Behavioral economist Richard Thaler (the leading researcher in "behavioral finance) coined these terms to describe two species:
Econs: rational, selfish, and consistent tastes (preferences). In the terminology of decision analysis, these are expected utility maximizers.
Humans: not fully rational, not completely selfish, and their tastes are unstable. Tversky and Kahneman are perhaps best known for their "prospect theory." This describes human behavior as it has been observed to differ from utility theory. Humans vs. Econs.
Several elements of prospect theory:
In situations where both gain and loss are possible, most people exhibit extreme risk-aversion (see the figure). Typically, for a 50:50 gamble to be attractive, the success outcome must be at least twice the amount of the failure outcome.
Most people do not weight probabilities in proportion, especially near the ends of the range 0-1. Probabilities the extremes are over-weighted. For example the weighting reduction from 1.00 to .95 probability is much more than .05.
People are more sensitive to changes of wealth than to states of wealth.
Where all outcomes are bad, people comparing a sure-loss to a possible larger-loss exhibit risk-seeking behavior.
The value of an item is different, whether buying or selling (endowment effect).
A person's risk-taking behavior is affected by the source of the money.

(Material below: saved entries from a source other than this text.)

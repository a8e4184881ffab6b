-- ===== src/Examples.antt =====
-- Runs at concrete inputs, and the theorems applied to them.
mod Policy
mod Redis
mod Store
mod Flusher
mod TopUp
mod Billing
mod FakeProvider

Figure from Wikipedia, Wikimedia commons
I read parts of the book with some frustration. Kahneman is describing behavior. The rational ("Econ") person easily avoids these issues with expected value calculations and the exponential utility function. We are wired to be "Humans." I advise people to work toward being "Econs," though clearly this takes additional System 2 effort.

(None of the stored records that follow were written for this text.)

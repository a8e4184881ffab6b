-- ===== src/Examples/Policy.antt =====
-- Money, the policy and the refund of a surplus at concrete inputs.
use generation_balance_servi.Base.{
  ◌≡◌, refl, ◌↔◌, ◌⊎◌, Bool, true, false, pos, ◌+ℤ◌, ◌-ℤ◌, ◌≤ℤ◌, ◌<ℤ◌, min_ℤ, max_ℤ, scale, arith,
}
use generation_balance_servi.Errors.{
  ok, raise, insufficient_balance, free_requests_exhausted, conditional_free_access_denied,
  value_error,
}
use generation_balance_servi.Money.{
  cents, money_quantum, quantize_money, money_to_micros, micros_to_money,
}
use generation_balance_servi.Money.Conversion.{quantize_money_bounds}
use generation_balance_servi.Policy.{
  AccessType, DebitPolicy, BalanceView, models, basic, premium, conditional, GenerationRequest,
  DebitPlan, Authorization, total_usd, charge_order, fill, available, build_plan, authorize,
}
use generation_balance_servi.Policy.Fill.{IsNonneg}
use generation_balance_servi.Policy.Plan.{
  IsCovered, spendable, waterfall, build_plan_sound, build_plan_refuses_iff,
}
use generation_balance_servi.Policy.Access.{
  IsAuthorized, authorize-IsAuthorized, authorize_denied_iff, authorize_exhausted_iff,
}
use generation_balance_servi.Surplus.{surplus_refund}
use generation_balance_servi.Surplus.Lifo.{
  IsPlanOf, as_balance, kept_of, clamp, kept-eq-waterfall, surplus_refund_lem,
}
use generation_balance_servi.Surplus.Plans.{authorize-IsPlanOf}

program : Unit {0}
unfolding authorize build_plan fill models charge_order min_ℤ max_ℤ ◌-ℤ◌ ◌+ℤ◌ total_usd
    surplus_refund scale money_to_micros micros_to_money quantize_money
program = tt

-- One dollar of paid funds.
abbrev pub dollar : BalanceView
dollar = record { free_usd = pos 0; bonus_usd = pos 0; paid_usd = cents 100; free_requests = pos 0 }

-- Five cents free, four cents bonus, no free requests.
abbrev gifts : BalanceView
gifts = record { free_usd = cents 5; bonus_usd = cents 4; paid_usd = pos 0; free_requests = pos 0 }

abbrev mixed : BalanceView
mixed = record {
  free_usd = cents 5;
  bonus_usd = cents 4;
  paid_usd = cents 6;
  free_requests = pos 2;
}

abbrev mixed' : BalanceView
mixed' = record mixed { bonus_usd = pos 0 }

abbrev pub premium_request : GenerationRequest
premium_request = record {
  user_id = 7;
  dialog_id = 3;
  client_request_id = 42;
  model_name = "premium";
  conditional_free_eligible = false;
}

abbrev pub premium_authorization : Authorization
premium_authorization = record {
  model = premium;
  debit_policy = DebitPolicy.paid_only;
  estimated_cost_usd = cents 20;
  debit_plan = record {
    free_usd = pos 0;
    bonus_usd = pos 0;
    paid_usd = cents 20;
    free_requests = pos 0;
  };
}

abbrev mixed_plan : DebitPlan
mixed_plan = record {
  free_usd = cents 5;
  bonus_usd = pos 0;
  paid_usd = cents 3;
  free_requests = pos 0;
}

authorize_premium : authorize premium_request dollar ≡ ok premium_authorization
unfolding program
authorize_premium = refl

basic_authorization :
    authorize (record premium_request { model_name = "basic" }) mixed
    ≡ ok (record {
      model = basic;
      debit_policy = DebitPolicy.default;
      estimated_cost_usd = cents 8;
      debit_plan = record mixed_plan { bonus_usd = cents 3; paid_usd = pos 0 };
    })
unfolding program
basic_authorization = refl

-- tests/unit/billing/test_surplus_refund.py
partial_surplus :
    surplus_refund mixed_plan DebitPolicy.default (cents 3)
    ≡ record { free_usd = cents 2; bonus_usd = pos 0; paid_usd = cents 3; free_requests = pos 0 }
unfolding program
partial_surplus = refl

too_fine : money_to_micros (pos 1) ≡ raise value_error
unfolding program
too_fine = refl

dollar-IsNonneg : IsNonneg (available dollar)
dollar-IsNonneg = omega arith

authorize-IsAuthorized_example : IsAuthorized premium_request dollar premium_authorization
authorize-IsAuthorized_example = authorize-IsAuthorized premium_request dollar authorize_premium

authorize_denied_iff_example :
    (authorize (record premium_request { model_name = "conditional" }) gifts
      ≡ raise conditional_free_access_denied)
    ↔ ((conditional.access_type ≡ AccessType.conditional_free)
        × (◌≡◌ {A = Bool} false false)
        × (gifts.paid_usd <ℤ conditional.paid_cost_usd))
unfolding program
authorize_denied_iff_example =
    authorize_denied_iff (record premium_request { model_name = "conditional" }) gifts
      {m = conditional} refl (record { funds = omega arith; free_requests = omega arith })

authorize_exhausted_iff_example :
    (authorize (record premium_request { model_name = "basic" }) gifts
      ≡ raise free_requests_exhausted)
    ↔ ((gifts.free_requests ≤ℤ pos 0)
        × (((basic.access_type ≡ AccessType.free) × (gifts.paid_usd ≤ℤ pos 0))
            ⊎ ((basic.access_type ≡ AccessType.conditional_free)
                × (◌≡◌ {A = Bool} false true)
                × (gifts.paid_usd <ℤ basic.paid_cost_usd))))
unfolding program
authorize_exhausted_iff_example =
    authorize_exhausted_iff (record premium_request { model_name = "basic" }) gifts {m = basic} refl
      (record { funds = omega arith; free_requests = omega arith })

build_plan_sound_example :
    (total_usd mixed_plan ≡ cents 8)
    × IsCovered mixed_plan mixed'
    × (mixed_plan.free_requests ≡ pos 0)
unfolding program
build_plan_sound_example =
    build_plan_sound mixed' (cents 8) DebitPolicy.default false {plan = mixed_plan} (omega arith)
      (omega arith) refl

build_plan_refuses_iff_example :
    (build_plan gifts (cents 20) DebitPolicy.default true ≡ raise insufficient_balance)
    ↔ (spendable DebitPolicy.default gifts <ℤ cents 20)
build_plan_refuses_iff_example =
    build_plan_refuses_iff gifts (cents 20) DebitPolicy.default true (omega arith) (omega arith)

kept-eq-waterfall_example :
    kept_of mixed_plan (surplus_refund mixed_plan DebitPolicy.default (cents 3))
    ≡ (waterfall DebitPolicy.default
        (as_balance mixed_plan)
        (clamp (cents 3) (total_usd mixed_plan))).0
kept-eq-waterfall_example =
    kept-eq-waterfall mixed_plan DebitPolicy.default (cents 3) (omega arith, tt, tt)

surplus_refund_lem_example :
    let refund = surplus_refund mixed_plan DebitPolicy.default (cents 3) in
    (total_usd refund ≡ total_usd mixed_plan -ℤ clamp (cents 3) (total_usd mixed_plan))
    × IsCovered refund (as_balance mixed_plan)
    × (refund.free_requests ≡ pos 0)
surplus_refund_lem_example =
    surplus_refund_lem mixed_plan DebitPolicy.default (cents 3) (omega arith, tt, tt)

authorize-IsPlanOf_example : IsPlanOf DebitPolicy.paid_only premium_authorization.debit_plan
authorize-IsPlanOf_example = authorize-IsPlanOf premium_request dollar authorize_premium

quantize_money_bounds_example :
    (pos 0 ≤ℤ quantize_money (pos 266666666600000000000000000))
    × (quantize_money (pos 266666666600000000000000000) ≤ℤ pos 266666666600000000000000000)
    × (pos 266666666600000000000000000
        <ℤ quantize_money (pos 266666666600000000000000000) +ℤ pos money_quantum)
quantize_money_bounds_example =
    quantize_money_bounds (pos 266666666600000000000000000) (omega arith)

This fascinating book offers numerous human behaviors that you will recognize in yourself. Many of the human decision-making shortcomings can be alleviated by basic methods in decision analysis.
Thinking represents outstanding book design. There are 38 chapters, each about 10 pages long. For me, that was a nice-size amount of reading for a sitting. The chapters comfortably continue to the next topic.
The reader is often invited to participate in an experiment (not unlike some of the clinical experiments). For example, the reader is often asked to choose between alternatives. The involvement both illuminates the topic as well as engages the reader.
A smaller, simpler and also-entertaining book about human shortcomings is: Inevitable Illusions: How Mistakes of Reason Rule our Minds by Massimo Piattelli-Palmarini, 1994, John Wiley & Sons. This is translated from Italian. There is a short chapter on Bayes' rule, where he says, In the context of 'subverting our intuitions' so as to avoid cognitive illusions, “Bayes’ law is truly one of the most important discoveries of the human mind.”
Some of the behaviors observed by Kahneman are explained by human brain physiology by Dean Buonomano in Brain Bugs (Tip 130).
—John Schuyler, Mar 2013. Revised Feb 2014.